Most production stacks today run some combination of these three — tighter prompts, an LLM-judge, a firewall. The failure modes don't offset. They stack.

The shape the field has converged on

Five independent research groups have, in the last eighteen months, arrived at the same three-stage pipeline:

Start with a natural-language policy — system prompt, SOP, compliance document.
Translate it into formal constraints in a machine-checkable language.
Evaluate every trace against those constraints deterministically. Same trace in, same verdict out.

Agent-C (Kamath, Zhang & Xu et al., arXiv 2512.23738), FormalJudge (Zhou, Lou, Sheng, Fu & Yang, 2602.11136), AgentSpec (Wang et al., Jun Sun group, 2503.18666 — the most-cited paper in this space), PCAS (Palumbo et al., 2602.16708), and the Microsoft ContextCov / AgentPex / AgentRx program (three papers in March 2026) each implement a version of this flow. The design space around step 2 is contested; the three-step shape is consensus.

The property it has that nothing else does: a deterministic verdict can be wrong, but it can't be wrong-on-average-while-looking-confident. If a constraint misfires, the constraint is an auditable artifact. If a trace passes, the evidence is the sequence of tool calls, not a model's summary of them.

What still stands between the shape and a shipped system

Two bottlenecks, both real, both active research.

Translation. The first arrow — natural language to formal constraint — is where every group stalls. Prasetya et al.'s Talk is Cheap, Logic is Hard (arXiv 2603.17193) benchmarked 24 frontier models on formalizing program post-conditions (a cleaner problem than agent policies), and found the gap from ground truth persistent across model scales. The most effective mitigation they identified wasn't a bigger model; it was a second verification layer that doesn't trust the first. More in The Translation Bottleneck.

Evaluation trust. Even with a correct spec, evaluation can be silently wrong — as with our 100%-agreement incident, where the ensemble was agreeing on a default rather than a judgment. The fix involved separating does this rule apply? from does the trace satisfy it? at the checker-return signature (a pattern from FormalJudge). Agreement dropped from a fake 1.0 to an honest 0.67 and surfaced the 38 of 49 traces that were actually out of scope. Full account in Why LLM-as-Judge Fails Silently at Scale.
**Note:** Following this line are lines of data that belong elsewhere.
-- ===== src/Task/Proofs.antt =====
-- What the qualification of an adapter that `qualified` of src/task-runtime.ts accepts says.
use agentmixer.Prelude.{
  ℕ, ◌≤◌, String, ◌≡◌, ap, ◌∙◌, arith, Bool, true, ◌&&◌, leb, List, [], ◌∷◌, All, all, &&-true_iff,
}
use agentmixer.Prelude.Result.{ok, require, require-eq-ok, after_ok, ok_injective}
use mathlib.Core.Path.{subst}
use agentmixer.Validation.Data.{boolean, string, Fields, get, is_string, is_boolean}
use agentmixer.Validation.Laws.{is_string_lem, is_boolean_lem}
use agentmixer.Task.Records.{Profile, RuntimeProof, same_route, same_profile}
use agentmixer.Task.Same.{same_route_iff, same_profile_iff}
use agentmixer.Task.Read.{closed_record, route, profile, runtime_of}
use agentmixer.Task.Guards.{Request, Adapter, qualified, status_field, task_controls}

-- Are all controls attested?
abbrev pub AreAttested : Fields → Type 0
AreAttested controls =
    All (λ control. get controls control ≡ boolean true)
      ("noCommandTools" ∷ "exactToolInventory" ∷ "workspaceReadIsolation"
        ∷ "workspaceWriteIsolation" ∷ "isolatedConfiguration" ∷ "authOutsideWorkspace"
        ∷ "hostBrokerOnly" ∷ [])

-- A qualification for the request's route and profile, with every control, of the runtime that is
-- installed, that lasts until the deadline.
pub record IsFit (adapter : Adapter) (request : Request) (deadline : ℕ) (proof : RuntimeProof)
    : Type 0 where
  pub status : status_field adapter.qualification ≡ string "qualified"
  pub q : Fields
  pub is_closed :
      closed_record adapter.qualification (
        "status" ∷ "route" ∷ "profile" ∷ "runtimeVersion" ∷ "runtimeDigest" ∷ "evidenceDigest"
        ∷ "expiresAt" ∷ "controls" ∷ [])
      ≡ ok q
  pub controls : Fields
  pub controls_closed : closed_record (get q "controls") task_controls ≡ ok controls
  pub are_attested : AreAttested controls
  pub identity :
      runtime_of
        (get q "runtimeVersion")
        (get q "runtimeDigest")
        (get q "evidenceDigest")
        (get q "expiresAt")
      ≡ ok proof
  pub installed : Fields
  pub installed_closed : closed_record adapter.runtime ("version" ∷ "digest" ∷ []) ≡ ok installed
  pub version : get installed "version" ≡ string proof.runtime_version
  pub digest : get installed "digest" ≡ string proof.runtime_digest
  pub route_of : route (get q "route") ≡ ok request.route
  pub profile_of : profile (get q "profile") ≡ ok request.profile
  pub lasts : deadline ≤ proof.qualification_expires_at
  pub callable : adapter.callable ≡ true

attested_lem :
    (controls : Fields) (names : List String)
    → all (λ control. is_boolean (get controls control) true) names ≡ true
    → All (λ control. get controls control ≡ boolean true) names
attested_lem controls [] h = tt
attested_lem controls (name ∷ names) h =
    let (first, rest) =
      (&&-true_iff (is_boolean (get controls name) true)
          (all (λ control. is_boolean (get controls control) true) names)).0
        h in
    (is_boolean_lem (get controls name) first, attested_lem controls names rest)

abbrev matches : Profile → Request → Fields → RuntimeProof → ℕ → Bool
matches p request installed identity deadline =
    same_profile p request.profile
    && is_string (get installed "version") identity.runtime_version
    && is_string (get installed "digest") identity.runtime_digest
    && leb deadline identity.qualification_expires_at

four_tests :
    (a b c d : Bool) → (a && b && c && d) ≡ true → (a ≡ true) × (b ≡ true) × (c ≡ true) × (d ≡ true)
four_tests a b c d h = ground arith

leb-le : (m n : ℕ) → leb m n ≡ true → m ≤ n
leb-le m n h = ground arith

pub qualified-IsFit :
    (adapter : Adapter) (request : Request) (deadline : ℕ) (proof : RuntimeProof)
    → qualified adapter request deadline ≡ ok proof
    → IsFit adapter request deadline proof
unfolding qualified
qualified-IsFit adapter request deadline proof h =
    after_ok (require (is_string (status_field adapter.qualification) "qualified") _) _ h
      λ u status h. after_ok (closed_record adapter.qualification _) _ h λ q q_ok h.
        after_ok (closed_record (get q "controls") task_controls) _ h λ controls c_ok h.
          after_ok
            (require (all (λ control. is_boolean (get controls control) true) task_controls) _) _ h
            λ u attested h. after_ok (runtime_of _ _ _ _) _ h λ identity identity_ok h.
              after_ok (closed_record adapter.runtime _) _ h λ installed installed_ok h.
                after_ok (route (get q "route")) _ h λ r r_ok h.
                  after_ok (require (same_route r request.route) _) _ h λ u same h.
                    after_ok (profile (get q "profile")) _ h λ p p_ok h.
                      after_ok (require (matches p request installed identity deadline) _) _ h
                        λ u matched h. after_ok (require adapter.callable _) _ h λ u callable last.
                          let (e, version, digest, lasts) =
                            four_tests (same_profile p request.profile) _ _ _
                              (require-eq-ok _ _ matched) in
                          subst (IsFit adapter request deadline) (ok_injective last) (record {
                            status = is_string_lem _ "qualified" (require-eq-ok _ _ status);
                            q = q;
                            is_closed = q_ok;
                            controls = controls;
                            controls_closed = c_ok;
                            are_attested =
                                attested_lem controls task_controls (require-eq-ok _ _ attested);
                            identity = identity_ok;
                            installed = installed;
                            installed_closed = installed_ok;
                            version = is_string_lem _ identity.runtime_version version;
                            digest = is_string_lem _ identity.runtime_digest digest;
                            route_of =
                                r_ok
                                ∙ ap ok
                                    ((same_route_iff r request.route).0 (require-eq-ok _ _ same));
                            profile_of = p_ok ∙ ap ok ((same_profile_iff p request.profile).0 e);
                            lasts = leb-le deadline identity.qualification_expires_at lasts;
                            callable = require-eq-ok _ _ callable;
                          })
The evaluation stage itself is commoditizing. Z3 is Z3. Dafny is Dafny. The DSL design space is narrowing around small composable predicate vocabularies. The differentiation is upstream.

Appendix: sources cited

CRAFT (IBM Research, EMNLP 2025) — customer-service policy compliance under conversational pressure.
TRAIL (Patronus AI, 2026) — automated failure detection on agent traces.
Talk is Cheap, Logic is Hard — Prasetya et al., arXiv 2603.17193.
Agent-C — Kamath, Zhang & Xu et al., arXiv 2512.23738.
AgentSpec — Wang et al., arXiv 2503.18666.
FormalJudge — Zhou, Lou, Sheng, Fu & Yang, arXiv 2602.11136.
PCAS — Palumbo et al., arXiv 2602.16708.
ContextCov — Sharma et al., Microsoft, arXiv 2603.00822.
AgentPex (Willful Disobedience) — Sharma et al., Microsoft, arXiv 2603.23806.
AgentRx — Barke et al., Microsoft, arXiv 2602.02475.
LlamaFirewall — Meta, arXiv 2505.03574.
STAC — arXiv 2509.25624.
Gravitee CTO Survey — 750 CTOs, December 2025.
CLTR / AISI-funded — ~700 instruction-ignoring cases, Oct 2025–Mar 2026.
Incident reports: Amazon Kiro, Google Antigravity, Sierra / Gap, Anthropic agents, Meta internal (Dec 2025–Mar 2026).